Un projet éducatif devenu combat politique
Un peu partout des drapeaux palestiniens noir vert blanc et rouge claquent au vent léger. Alors qu’Israël a annoncé la semaine dernière la construction de 5 000 nouveaux logements dans les colonies de Cisjordanie, l’école de Ras Al Tin est devenue un combat politique estime le ministre de l’Education : "C’est un exemple de notre résilience et de notre détermination à rendre l’éducation accessible. Pour la Palestine, l’éducation est une matrice pour le progrès. L’humain est le socle de l’Etat palestinien. Partout dans le monde, le doit à l’éducation est fondamental."

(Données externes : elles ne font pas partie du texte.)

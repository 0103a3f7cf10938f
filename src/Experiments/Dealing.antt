-- ===== src/Experiments/Dealing.antt =====
-- How evenly the arms of an experiment are dealt: the loop of `split` of web/services/experiments.py.
use mathlib.Core.List.{Perm, perm_middle, append_assoc, append-nil}
use mathlib.Core.List.Perm
use mathlib.Core.Path.{subst}
use native.Mathlib.Nat.{add_comm, add-mul-mod_self_right, mod-eq_of_lt}
use native.Mathlib.Decide.{dec_lt}
use retail_segmentation.Prelude.{
  ℕ, zero, suc, ◌+◌, ◌*◌, ◌%◌, ◌≤◌, ◌<◌, ◌≡◌, refl, sym, ap, ◌∙◌, List, [], ◌∷◌, ◌++◌, length,
  length-append, All, arith,
}
use retail_segmentation.Experiments.Assignment.{Dealt, deal, deal_to}

-- The first `r` lists hold one more than the others' `q`.
abbrev pub IsDealt : ℕ → ℕ → Dealt → Type 0
IsDealt q r [] = r ≡ 0
IsDealt q zero (d ∷ dealt) = (length d ≡ q) × IsDealt q 0 dealt
IsDealt q (suc r) (d ∷ dealt) = (length d ≡ suc q) × IsDealt q r dealt

abbrev pub flat : Dealt → List ℕ
flat [] = []
flat (d ∷ dealt) = d ++ flat dealt

length-deal_to : (i c : ℕ) (dealt : Dealt) → length (deal_to i c dealt) ≡ length dealt
unfolding deal_to
length-deal_to i c [] = refl
length-deal_to zero c (d ∷ dealt) = refl
length-deal_to (suc i) c (d ∷ dealt) = ap suc (length-deal_to i c dealt)

deal_to-IsDealt :
    (q r c : ℕ) (dealt : Dealt)
    → IsDealt q r dealt
    → r < length dealt
    → IsDealt q (suc r) (deal_to r c dealt)
unfolding deal_to
deal_to-IsDealt q r c [] h l = omega arith
deal_to-IsDealt q zero c (d ∷ dealt) (own, rest) l = (omega (arith, length-append d (c ∷ [])), rest)
deal_to-IsDealt q (suc r) c (d ∷ dealt) (own, rest) l =
    (own, deal_to-IsDealt q r c dealt rest (omega arith))

-- A full round.
full_round : (q : ℕ) (dealt : Dealt) → IsDealt q (length dealt) dealt → IsDealt (suc q) 0 dealt
full_round q [] h = refl
full_round q (d ∷ dealt) (own, rest) = (own, full_round q dealt rest)

pub IsDealt-bounds :
    (q r : ℕ) (dealt : Dealt)
    → IsDealt q r dealt
    → All (λ d. (q ≤ length d) × (length d ≤ suc q)) dealt
IsDealt-bounds q r [] h = tt
IsDealt-bounds q zero (d ∷ dealt) (own, rest) =
    ((omega arith, omega arith), IsDealt-bounds q 0 dealt rest)
IsDealt-bounds q (suc r) (d ∷ dealt) (own, rest) =
    ((omega arith, omega arith), IsDealt-bounds q r dealt rest)

pub path_perm : {xs ys : List ℕ} → xs ≡ ys → Perm xs ys
path_perm {xs} e = subst (λ zs. Perm xs zs) e (Perm.refl xs)

no_place : (i : ℕ) → i < 0 → ⊥
no_place i l = omega arith

deal_to-perm :
    (i c : ℕ) (dealt : Dealt) → i < length dealt → Perm (flat (deal_to i c dealt)) (c ∷ flat dealt)
unfolding deal_to
deal_to-perm i c [] l = absurd (no_place i l)
deal_to-perm zero c (d ∷ dealt) l =
    Perm.trans (path_perm (append_assoc d (c ∷ []) (flat dealt))) (perm_middle d (flat dealt))
deal_to-perm (suc i) c (d ∷ dealt) l =
    Perm.trans (Perm.append_left d (deal_to-perm i c dealt (omega arith)))
      (perm_middle d (flat dealt))

position-mod : (n q r : ℕ) → r < n → (q * n + r) % n ≡ r
position-mod n q r l =
    ap (λ x. x % n) (add_comm (q * n) r) ∙ add-mul-mod_self_right r q n ∙ mod-eq_of_lt l

-- What the loop leaves, from a position on.
abbrev pub Outcome : ℕ → ℕ → List ℕ → Dealt → Dealt → Type 0
Outcome n position order dealt after =
    (k : ℕ) × (s : ℕ) × IsDealt k s after
    × (s < n)
    × (k * n + s ≡ position + length order)
    × Perm (flat after) (flat dealt ++ order)
    × (length after ≡ n)

-- The rest of the loop, after one customer.
one_more :
    (n r p c : ℕ) (order : List ℕ) (dealt after : Dealt)
    → r < length dealt
    → Outcome n (suc p) order (deal_to r c dealt) after
    → Outcome n p (c ∷ order) dealt after
one_more n r p c order dealt after l (k, s, h, b, e, perm, m) = (
  k,
  s,
  h,
  b,
  omega arith,
  Perm.trans perm (
      Perm.trans (Perm.append_right order (deal_to-perm r c dealt l))
        (Perm.symm (perm_middle (flat dealt) order))),
  m,
)

-- The loop from a position whose quotient and remainder are known.
pub deal_lem :
    (n p q r : ℕ) (order : List ℕ) (dealt : Dealt)
    → n ≡ length dealt
    → p ≡ q * n + r
    → r < n
    → IsDealt q r dealt
    → Outcome n p order dealt (deal n p order dealt)
unfolding deal
deal_lem n p q r [] dealt e place l h =
    (q, r, h, l, omega arith, path_perm (sym (append-nil (flat dealt))), sym e)
deal_lem n p q r (c ∷ order) dealt e place l h =
    let at_r : p % n ≡ r = ap (λ x. x % n) place ∙ position-mod n q r l in
    let more = deal_to-IsDealt q r c dealt h (omega arith) in
    let same = e ∙ sym (length-deal_to r c dealt) in
    let rest : Outcome n (suc p) order (deal_to r c dealt)
        (deal n (suc p) order (deal_to r c dealt)) =
      elim (dec_lt (suc r) n) [
        | yes room ↦
            deal_lem n (suc p) q (suc r) order (deal_to r c dealt) same (omega arith) room more
        | no full ↦
            deal_lem n (suc p) (suc q) 0 order (deal_to r c dealt) same (omega arith) (omega arith)
              (full_round q (deal_to r c dealt)
                (subst (λ x. IsDealt q x (deal_to r c dealt)) (omega arith) more))
      ] in
    subst (λ x. Outcome n p (c ∷ order) dealt (deal n (suc p) order (deal_to x c dealt))) (sym at_r)
      (one_more n r p c order dealt (deal n (suc p) order (deal_to r c dealt)) (omega arith) rest)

Une délégation de l’Union européenne s’est rendue sur place. A l’issue de leur visite, les diplomates ont rappelé que "l’Education est un droit humain fondamental qui doit être protégé et maintenu (...) La démolition [de cette école] va sévèrement affecter l’accès des enfants à l’Education (...) A la lumière de l’augmentation des démolitions entre mars et août 2020, l’UE réitère son appel à Israël de cesser toutes ces démolitions, y compris les structures financées par l’UE, particulièrement à la lumière de l’impact humanitaire de la pandémie."